Frontiers in Neurology | 2017
Barbara Namer; Kirstin Ørstavik; Roland Schmidt; Norbert Mair; Inge Petter Kleggetveit; Maximillian Zeidler; Theresa Martha; Ellen Jørum; Martin Schmelz; Theodora Kalpachidou; Michaela Kress; Michiel Langeslag
The first symptom arising in many Fabry patients is neuropathic pain due to changes in small myelinated and unmyelinated fibers in the periphery, which is subsequently followed by a loss of sensory perception. Here we studied changes in the peripheral nervous system of Fabry patients and a Fabry mouse model induced by deletion of α-galactosidase A (Gla−/0). The skin innervation of Gla−/0 mice resembles that of the human Fabry patients.

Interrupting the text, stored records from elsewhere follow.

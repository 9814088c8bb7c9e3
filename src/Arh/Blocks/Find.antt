-- ===== src/Arh/Blocks/Find.antt =====
-- ardain/src/arh_ext.rs: what `find_free_space` returns is free.
use ard_tools.Base.{
  ℕ, suc, ◌+◌, ◌-◌, ◌*◌, ◌%◌, ◌/◌, ◌^◌, ◌≤◌, ◌<◌, ◌≡◌, ◌≢◌, inl, inr, refl, sym, ◌∙◌, ap, some,
  List, [], ◌∷◌, arith, ltb, leb, if◌then◌else◌, ℕ_discrete, Bool-cases, Option-cases, Run-cases,
  All, Run, ok, err, panic,
}
use ard_tools.Bits.{bit, complement, bit-zero, leading_zeros, trailing_zeros}
use ard_tools.Bits.Zeros.{
  leading_zeros-le, trailing_zeros-le, leading_zeros_clear, trailing_zeros_clear,
}
use ard_tools.Arh.Blocks.{slot_at, scan_slot, find_in_slot, find_loop, max_slot}
use ard_tools.Arh.Blocks.Mark.{occupied_at}
use ard_tools.Arh.Blocks.Scan.{Scanned-free, scan_slot_sound, mask_at}

abbrev pub IsFree : List ℕ → ℕ → ℕ → Type 0
IsFree blocks a b = (k : ℕ) → a ≤ k → k < b → occupied_at blocks k ≡ 0

-- The blocks of slot `i`, from its bits.
abbrev IsSlot : List ℕ → ℕ → ℕ → Type 0
IsSlot blocks i slot = slot_at blocks i ≡ slot

module _ (blocks : List ℕ) (i slot : ℕ) (here : IsSlot blocks i slot) where
  occupied_in_slot : (k : ℕ) → k < 64 → occupied_at blocks (i * 64 + k) ≡ bit slot (63 - k)
  occupied_in_slot k h =
      let item : (i * 64 + k) / 64 ≡ i = omega arith in
      let inner : (i * 64 + k) % 64 ≡ k = omega arith in rw (item, inner, here)

  -- A run of clear bits is a run of free blocks.
  IsFree-of_bits :
      (a b : ℕ)
      → i * 64 ≤ a
      → b ≤ i * 64 + 64
      → ((k : ℕ) → k < 64 → a ≤ i * 64 + k → i * 64 + k < b → bit slot (63 - k) ≡ 0)
      → IsFree blocks a b
  IsFree-of_bits a b lo hi clear k h h' =
      let at : k ≡ i * 64 + (k - i * 64) = omega arith in
      let inner : k - i * 64 < 64 = omega arith in
      rw at
        (occupied_in_slot (k - i * 64) inner ∙ clear (k - i * 64) inner (omega arith) (omega arith))

  leading-IsFree : IsFree blocks (i * 64) (i * 64 + leading_zeros 64 slot)
  leading-IsFree =
      IsFree-of_bits (i * 64) (i * 64 + leading_zeros 64 slot) (omega arith)
        (omega (arith, leading_zeros-le 64 slot))
        (λ k h lo hi. leading_zeros_clear 64 slot (63 - k) (omega arith) (omega arith))

  trailing-IsFree : IsFree blocks (i * 64 + 64 - trailing_zeros 64 slot) (i * 64 + 64)
  trailing-IsFree =
      IsFree-of_bits (i * 64 + 64 - trailing_zeros 64 slot) (i * 64 + 64)
        (omega (arith, trailing_zeros-le 64 slot)) (omega arith)
        (λ k h lo hi. trailing_zeros_clear 64 slot (63 - k) (omega arith))

  zero-IsFree : slot ≡ 0 → IsFree blocks (i * 64) (i * 64 + 64)
  zero-IsFree e =
      IsFree-of_bits (i * 64) (i * 64 + 64) (omega arith) (omega arith)
        (λ k h lo hi. rw e (bit-zero (63 - k)))

  found_in_slot :
      (desired : ℕ) {r : ℕ}
      → find_in_slot slot (i * 64) desired ≡ ok r
      → (z : ℕ) × (scan_slot 64 (complement 64 slot) (2 ^ desired - 1) ≡ some z)
        × (r ≡ i * 64 + z)
        × (desired ≤ 64)
  unfolding find_in_slot
  found_in_slot desired {r} e =
      elim (Option-cases (scan_slot 64 (complement 64 slot) (2 ^ desired - 1))) [
        | inl nothing ↦ absurd (ground arith)
        | inr (z, hit) ↦ (z, hit, ground arith, ground arith)
      ]

  find_in_slot_sound :
      (desired : ℕ) {r : ℕ}
      → 0 < desired
      → slot < 2 ^ 64
      → find_in_slot slot (i * 64) desired ≡ ok r
      → IsFree blocks r (r + desired)
  find_in_slot_sound desired {r} pos word e =
      let (z, hit, place, fits) = found_in_slot desired e in
      let first : 2 ^ desired - 1 ≡ mask_at desired 0 = omega arith in
      let scanned =
        scan_slot_sound 64 (complement 64 slot) desired 0 pos (omega arith) (rw first at hit) in
      IsFree-of_bits r (r + desired) (omega arith) (omega (arith, scanned.2))
        (λ k h lo hi. Scanned-free slot desired z k word scanned (omega arith) (omega arith))

-- The code's loop, without a patch, slot by slot.
module _ (desired w : ℕ) (ws : List ℕ) (i carry start : ℕ) where
  abbrev pub loop_here : Run (Unit {0}) ℕ
  loop_here = find_loop (λ j slot. slot) desired (w ∷ ws) i carry start

  abbrev pub loop_on : ℕ → ℕ → Run (Unit {0}) ℕ
  loop_on carry' start' = find_loop (λ j slot. slot) desired ws (i + 1) carry' start'

  pub loop_full : w ≡ max_slot → loop_here ≡ loop_on 0 (i * 64 + 64)
  unfolding find_loop
  loop_full e = ground arith

  pub loop_zero :
      w ≡ 0
      → loop_here ≡ (if leb desired (carry + 64) then ok start else loop_on (carry + 64) start)
  unfolding find_loop
  loop_zero e = ground arith

  pub loop_lead : w ≢ max_slot → w ≢ 0 → desired ≤ carry + leading_zeros 64 w → loop_here ≡ ok start
  unfolding find_loop
  loop_lead f z h = ground arith

  pub loop_hit :
      (block : ℕ)
      → w ≢ max_slot
      → w ≢ 0
      → carry + leading_zeros 64 w < desired
      → find_in_slot w (i * 64) desired ≡ ok block
      → loop_here ≡ ok block
  unfolding find_loop
  loop_hit block f z h e = ground arith

  pub loop_miss :
      w ≢ max_slot
      → w ≢ 0
      → carry + leading_zeros 64 w < desired
      → find_in_slot w (i * 64) desired ≡ err tt
      → loop_here ≡ loop_on (trailing_zeros 64 w) (i * 64 + 64 - trailing_zeros 64 w)
  unfolding find_loop
  loop_miss f z h e = ground arith

  pub loop_broken :
      w ≢ max_slot
      → w ≢ 0
      → carry + leading_zeros 64 w < desired
      → find_in_slot w (i * 64) desired ≡ panic
      → loop_here ≡ panic
  unfolding find_loop
  loop_broken f z h e = ground arith

pub loop_end :
    (desired i carry start : ℕ) → find_loop (λ j slot. slot) desired [] i carry start ≡ err tt
unfolding find_loop
loop_end desired i carry start = refl

module _ (blocks : List ℕ) where
  join-IsFree : (a b c : ℕ) → IsFree blocks a b → IsFree blocks b c → IsFree blocks a c
  join-IsFree a b c f g k lo hi = elim (Bool-cases (ltb k b)) [
    | inl below ↦ f k lo (ground arith)
    | inr above ↦ g k (ground arith) hi
  ]

  shorten-IsFree : (a b c : ℕ) → c ≤ b → IsFree blocks a b → IsFree blocks a c
  shorten-IsFree a b c h f k lo hi = f k lo (omega arith)

module _ (blocks : List ℕ) (desired : ℕ) (pos : 0 < desired) where
  -- The loop keeps a run of `carry` free blocks from `start` up to its slot, and returns where as many
  -- free blocks begin as are asked for.
  pub find_loop_sound :
      (slots : List ℕ) (i carry start : ℕ) {r : ℕ}
      → ((m : ℕ) → slot_at blocks (i + m) ≡ slot_at slots m)
      → All (λ w. w < 2 ^ 64) slots
      → start + carry ≡ i * 64
      → IsFree blocks start (i * 64)
      → find_loop (λ j w. w) desired slots i carry start ≡ ok r
      → IsFree blocks r (r + desired)
  find_loop_sound [] i carry start agree words run free e = cc (loop_end desired i carry start)
  find_loop_sound (w ∷ ws) i carry start {r} agree words run free e =
      let on : (c s : ℕ)
          → s + c ≡ (i + 1) * 64
          → IsFree blocks s ((i + 1) * 64)
          → loop_on desired w ws i carry start c s ≡ ok r
          → IsFree blocks r (r + desired) =
        λ c s run' free' e'. find_loop_sound ws (i + 1) c s next words.1 run' free' e' in
      elim (ℕ_discrete w max_slot) [
        | yes full ↦
            on 0 (i * 64 + 64) (omega arith) (λ k lo hi. absurd (omega arith))
              (sym (loop_full desired w ws i carry start full) ∙ e)
        | no full ↦ elim (ℕ_discrete w 0) [
          | yes none_used ↦
              let run_free =
                join-IsFree blocks start (i * 64) (i * 64 + 64) free
                  (zero-IsFree blocks i w here none_used) in
              let step = sym (loop_zero desired w ws i carry start none_used) ∙ e in
              elim (Bool-cases (leb desired (carry + 64))) [
                | inl fits ↦
                    let at_start : r ≡ start = ground arith in
                    rw at_start (
                      shorten-IsFree blocks start (i * 64 + 64) (start + desired) (ground arith)
                        run_free)
                | inr more ↦
                    on (carry + 64) start (omega arith) (λ k lo hi. run_free k lo (omega arith))
                      (ground arith)
              ]
          | no some_used ↦ elim (Bool-cases (leb desired (carry + leading_zeros 64 w))) [
            | inl fits ↦
                let step =
                  sym (loop_lead desired w ws i carry start full some_used (ground arith)) ∙ e in
                let at_start : r ≡ start = ground arith in
                let lead =
                  join-IsFree blocks start (i * 64) (i * 64 + leading_zeros 64 w) free
                    (leading-IsFree blocks i w here) in
                rw at_start (
                  shorten-IsFree blocks start (i * 64 + leading_zeros 64 w) (start + desired)
                    (ground arith) lead)
            | inr more ↦
                let short : carry + leading_zeros 64 w < desired = ground arith in
                elim (Run-cases (find_in_slot w (i * 64) desired)) [
                  | inl (block, hit) ↦
                      let step =
                        sym (loop_hit desired w ws i carry start block full some_used short hit)
                        ∙ e in
                      let at_block : r ≡ block = ground arith in
                      rw at_block (find_in_slot_sound blocks i w here desired pos words.0 hit)
                  | inr (inl (_, miss)) ↦
                      on (trailing_zeros 64 w) (i * 64 + 64 - trailing_zeros 64 w)
                        (omega (arith, trailing_zeros-le 64 w))
                        (λ k lo hi. trailing-IsFree blocks i w here k lo (omega arith))
                        (sym (loop_miss desired w ws i carry start full some_used short miss) ∙ e)
                  | inr (inr broken) ↦
                      cc (loop_broken desired w ws i carry start full some_used short broken)
                ]
          ]
        ]
      ]
    where
      here : IsSlot blocks i w
      here = ap (slot_at blocks) (omega arith) ∙ agree 0

      next : (m : ℕ) → slot_at blocks (i + 1 + m) ≡ slot_at ws m
      next m = ap (slot_at blocks) (omega arith) ∙ agree (suc m)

In Fabry diseased humans and Gla−/0 mice, we observed similar sensory abnormalities, which were also observed in nerve fiber recordings in both patients and mice. Electrophysiological recordings of cultured Gla−/0 nociceptors revealed that the conductance of voltage-gated Na+ and Ca2+ currents was decreased in Gla−/0 nociceptors, whereas the activation of voltage-gated K+ currents was at more depolarized potentials. Conclusively, we have observed that reduced sensory perception due to small-fiber degeneration coincides with altered electrophysiological properties of sensory neurons.